Failure to communicate with Glance server stores empty files in /var/lib/nova/instances

Bug #808990 reported by P Spencer Davis
6
This bug affects 1 person
Affects Status Importance Assigned to Milestone
OpenStack Compute (nova)
Confirmed
Undecided
Unassigned

Bug Description

I have two nodes, one running nova-api, nova-network, nova-volume, nova-compute and glance, the second is just running nova-compute. The nodes are running Ubuntu 11.04 server and I've installed from the ppa.launchpad repository, additionally both nodes use the KVM hypervisor, and kvm-ok returns that vitrualization (sp) is enabled in their bios.
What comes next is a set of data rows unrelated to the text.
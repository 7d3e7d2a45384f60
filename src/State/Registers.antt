-- ===== src/State/Registers.antt =====
-- state.rs, `write_reg_checked`: the limits of the VM on registers.
use near_mock.Base.{
  ℕ, suc, ◌+◌, ◌-◌, ◌≤◌, ◌<◌, ◌≡◌, ◌≢◌, ◌⊎◌, inl, inr, refl, true, [], ◌∷◌, none, some, Bytes,
  arith, length, ◌==◌, if◌then◌else◌, nat_eq_iff,
}
use near_mock.Base.{ℕ_eq, Option-cases}
use near_mock.Base.Map.{
  Map, lookup, insert, remove, contains_key, IsUnique, insert-IsUnique, lookup-insert,
}
use near_mock.State.{
  MockState, RegisterResult, ok, err, too_large, too_many, memory_limit, max_regs, max_reg_size,
  registers_memory_limit, u64_max, total_len, len_or_zero, reject, write_reg_checked,
}

-- No register is larger than the limit.
abbrev pub AllFit : Map ℕ Bytes → Type 0
AllFit [] = Unit
AllFit ((r, v) ∷ m) = (length v ≤ max_reg_size) × AllFit m

remove-AllFit : (k : ℕ) (m : Map ℕ Bytes) → AllFit m → AllFit (remove k m)
remove-AllFit k [] h = h
remove-AllFit k ((r, v) ∷ m) h = ground (arith, remove-AllFit k m h.1)

total_len-remove :
    (k : ℕ) (m : Map ℕ Bytes)
    → IsUnique m
    → total_len (remove k m) + len_or_zero (lookup k m) ≡ total_len m
total_len-remove k [] u = refl
total_len-remove k ((r, v) ∷ m) u = ground (arith, total_len-remove k m u.1, nat_eq_iff r k)

-- The number of entries under a name other than `u64::MAX`.
abbrev pub counted : Map ℕ Bytes → ℕ
counted [] = 0
counted ((r, v) ∷ m) = if r == u64_max then counted m else suc (counted m)

counted-remove : (k : ℕ) (m : Map ℕ Bytes) → counted (remove k m) ≤ counted m
counted-remove k [] = omega arith
counted-remove k ((r, v) ∷ m) = ground (arith, counted-remove k m)

counted-remove_hit :
    (k : ℕ) (m : Map ℕ Bytes)
    → k ≢ u64_max
    → contains_key k m ≡ true
    → suc (counted (remove k m)) ≤ counted m
counted-remove_hit k [] h e = cc
counted-remove_hit k ((r, v) ∷ m) h e = ground (arith, counted-remove_hit k m h, counted-remove k m)

counted-le-length : (m : Map ℕ Bytes) → counted m ≤ length m
counted-le-length [] = omega arith
counted-le-length ((r, v) ∷ m) = ground (arith, counted-le-length m)

-- The limits: distinct registers, at most 100 besides `u64::MAX`, and both size limits.
pub record IsWithin (m : Map ℕ Bytes) : Type 0 where
  pub unique : IsUnique m
  pub few : counted m ≤ max_regs
  pub fits : AllFit m
  pub total : total_len m ≤ registers_memory_limit

-- The number of registers forbids a new one.
abbrev pub IsCrowded : MockState → ℕ → Type 0
IsCrowded st rid =
    (rid ≢ u64_max) × (lookup rid st.registers ≡ none) × (max_regs ≤ length st.registers)

-- What the other registers and the new value take.
abbrev pub total_with : MockState → ℕ → Bytes → ℕ
total_with st rid v = total_len st.registers - len_or_zero (lookup rid st.registers) + length v

abbrev pub Outcome : MockState → ℕ → Bytes → RegisterResult → Type 0
Outcome st rid v (ok st') =
    IsWithin st'.registers
    × (lookup rid st'.registers ≡ some v)
    × ((j : ℕ) → j ≢ rid → lookup j st'.registers ≡ lookup j st.registers)
    × (st'.storage ≡ st.storage)
    × (length v ≤ max_reg_size)
    × (¬ IsCrowded st rid)
    × (total_with st rid v ≤ registers_memory_limit)
Outcome st rid v (err too_large) = max_reg_size < length v
Outcome st rid v (err too_many) = (length v ≤ max_reg_size) × IsCrowded st rid
Outcome st rid v (err memory_limit) =
    (length v ≤ max_reg_size)
    × (¬ IsCrowded st rid)
    × (registers_memory_limit < total_with st rid v)

-- What a write that is not rejected can rely on.
reject-eq-none :
    (st : MockState) (rid : ℕ) (v : Bytes)
    → reject st rid v ≡ none
    → (length v ≤ max_reg_size)
      × (total_len st.registers - len_or_zero (lookup rid st.registers) + length v
          ≤ registers_memory_limit)
      × ((rid ≡ u64_max)
          ⊎ (contains_key rid st.registers ≡ true)
          ⊎ (suc (length st.registers) ≤ max_regs))
unfolding reject
reject-eq-none st rid v e = ground (arith, nat_eq_iff rid u64_max)

insert-few :
    (rid : ℕ) (m : Map ℕ Bytes)
    → counted m ≤ max_regs
    → (rid ≡ u64_max) ⊎ (contains_key rid m ≡ true) ⊎ (suc (length m) ≤ max_regs)
    → (v : Bytes) → counted (insert rid v m) ≤ max_regs
insert-few rid m h c v =
    ground (arith, counted-remove rid m, counted-remove_hit rid m, counted-le-length m)

insert-IsWithin :
    (st : MockState) (rid : ℕ) (v : Bytes)
    → IsWithin st.registers
    → reject st rid v ≡ none
    → IsWithin (insert rid v st.registers)
insert-IsWithin st rid v w e =
    let (fit, sum, room) = reject-eq-none st rid v e in
    record {
      unique = insert-IsUnique rid v st.registers w.unique;
      few = insert-few rid st.registers w.few room v;
      fits = (fit, remove-AllFit rid st.registers w.fits);
      total = omega (arith, total_len-remove rid st.registers w.unique);
    }

lookup-insert_other :
    (rid j : ℕ) (v : Bytes) (m : Map ℕ Bytes) → j ≢ rid → lookup j (insert rid v m) ≡ lookup j m
lookup-insert_other rid j v m h = ground (arith, lookup-insert rid j v m)

has_room :
    (st : MockState) (rid : ℕ)
    → (rid ≡ u64_max)
      ⊎ (contains_key rid st.registers ≡ true)
      ⊎ (suc (length st.registers) ≤ max_regs)
    → ¬ IsCrowded st rid
has_room st rid room crowded = ground arith

reject_large :
    (st : MockState) (rid : ℕ) (v : Bytes)
    → reject st rid v ≡ some too_large
    → max_reg_size < length v
unfolding reject
reject_large st rid v e = ground arith

reject_many :
    (st : MockState) (rid : ℕ) (v : Bytes)
    → reject st rid v ≡ some too_many
    → (length v ≤ max_reg_size) × IsCrowded st rid
unfolding reject
reject_many st rid v e = ground (arith, nat_eq_iff rid u64_max)

reject_memory :
    (st : MockState) (rid : ℕ) (v : Bytes)
    → reject st rid v ≡ some memory_limit
    → (length v ≤ max_reg_size)
      × ((rid ≡ u64_max)
          ⊎ (contains_key rid st.registers ≡ true)
          ⊎ (suc (length st.registers) ≤ max_regs))
      × (registers_memory_limit < total_with st rid v)
unfolding reject
reject_memory st rid v e = ground (arith, nat_eq_iff rid u64_max)

-- Exactly what a register write does. It succeeds, and then stores the value, leaves the other
-- registers and the storage alone and keeps the registers within the limits; or the value is larger
-- than 100 MiB; or else the register is new and not `u64::MAX` while 100 are in use; or else all
-- values together would exceed 1 GiB. Replacing a register is never refused for their number.
pub write_reg_checked-Outcome :
    (st : MockState) (rid : ℕ) (v : Bytes)
    → IsWithin st.registers
    → Outcome st rid v (write_reg_checked st rid v)
unfolding write_reg_checked
write_reg_checked-Outcome st rid v w = elim (Option-cases (reject st rid v)) [
  | inl e ↦
      let (fit, sum, room) = reject-eq-none st rid v e in
      rw (e, write_reg_checked)
        (
          insert-IsWithin st rid v w e,
          ground (arith, lookup-insert rid rid v st.registers),
          (λ j h. lookup-insert_other rid j v st.registers h),
          refl,
          fit,
          has_room st rid room,
          sum,
        )
  | inr (too_large, e) ↦ rw (e, write_reg_checked) (reject_large st rid v e)
  | inr (too_many, e) ↦ rw (e, write_reg_checked) (reject_many st rid v e)
  | inr (memory_limit, e) ↦
      let (fit, room, over) = reject_memory st rid v e in
      rw (e, write_reg_checked) (fit, has_room st rid room, over)
]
On the master node, I can start instances and they run just fine, but when a vm is scheduled on the second node, I receive the following errors:

2011-07-11 08:53:38,013 INFO nova.virt.libvirt_conn [-] instance instance-00000002: Creating image
2011-07-11 08:53:38,034 DEBUG nova.utils [-] Attempting to grab semaphore "00000001" for method "call_if_not_exists
"... from (pid=6846) inner /usr/lib/pymodules/python2.7/nova/utils.py:600
2011-07-11 08:53:38,036 ERROR nova.exception [-] Uncaught exception
(nova.exception): TRACE: Traceback (most recent call last):
(nova.exception): TRACE: File "/usr/lib/pymodules/python2.7/nova/exception.py", line 87, in _wrap
(nova.exception): TRACE: return f(*args, **kw)
(nova.exception): TRACE: File "/usr/lib/pymodules/python2.7/nova/virt/libvirt/connection.py", line 590, in spawn
(nova.exception): TRACE: block_device_mapping=block_device_mapping)
(nova.exception): TRACE: File "/usr/lib/pymodules/python2.7/nova/virt/libvirt/connection.py", line 815, in _creat
e_image
(nova.exception): TRACE: project=project)
(nova.exception): TRACE: File "/usr/lib/pymodules/python2.7/nova/virt/libvirt/connection.py", line 751, in _cache
_image
(nova.exception): TRACE: call_if_not_exists(base, fn, *args, **kwargs)
(nova.exception): TRACE: File "/usr/lib/pymodules/python2.7/nova/utils.py", line 613, in inner
(nova.exception): TRACE: retval = f(*args, **kwargs)
(nova.exception): TRACE: File "/usr/lib/pymodules/python2.7/nova/virt/libvirt/connection.py", line 749, in call_i
f_not_exists
(nova.exception): TRACE: fn(target=base, *args, **kwargs)
(nova.exception): TRACE: File "/usr/lib/pymodules/python2.7/nova/virt/libvirt/connection.py", line 762, in _fetch
_image
(nova.exception): TRACE: images.fetch(image_id, target, user, project)
(nova.exception): TRACE: File "/usr/lib/pymodules/python2.7/nova/virt/images.py", line 44, in fetch
(nova.exception): TRACE: metadata = image_service.get(elevated, image_id, image_file)
(nova.exception): TRACE: File "/usr/lib/pymodules/python2.7/nova/image/glance.py", line 139, in get
(nova.exception): TRACE: image_meta, image_chunks = self.client.get_image(image_id)
(nova.exception): TRACE: File "/usr/lib/pymodules/python2.7/glance/client.py", line 98, in get_image
(nova.exception): TRACE: res = self.do_request("GET", "/images/%s" % image_id)
(nova.exception): TRACE: File "/usr/lib/pymodules/python2.7/glance/client.py", line 54, in do_request
(nova.exception): TRACE: headers, params)
(nova.exception): TRACE: File "/usr/lib/pymodules/python2.7/glance/common/client.py", line 148, in do_request
(nova.exception): TRACE: "server. Got error: %s" % e)
(nova.exception): TRACE: ClientConnectionError: Unable to connect to server. Got error: [Errno 111] ECONNREFUSED
(nova.exception): TRACE:
2011-07-11 08:53:38,037 ERROR nova.compute.manager [-] Instance '2' failed to spawn. Is virtualization enabled in t
he BIOS? Details: Unable to connect to server. Got error: [Errno 111] ECONNREFUSED

Looking in /var/lib/nova/instances/_base, there are 0000000# files that are zero size.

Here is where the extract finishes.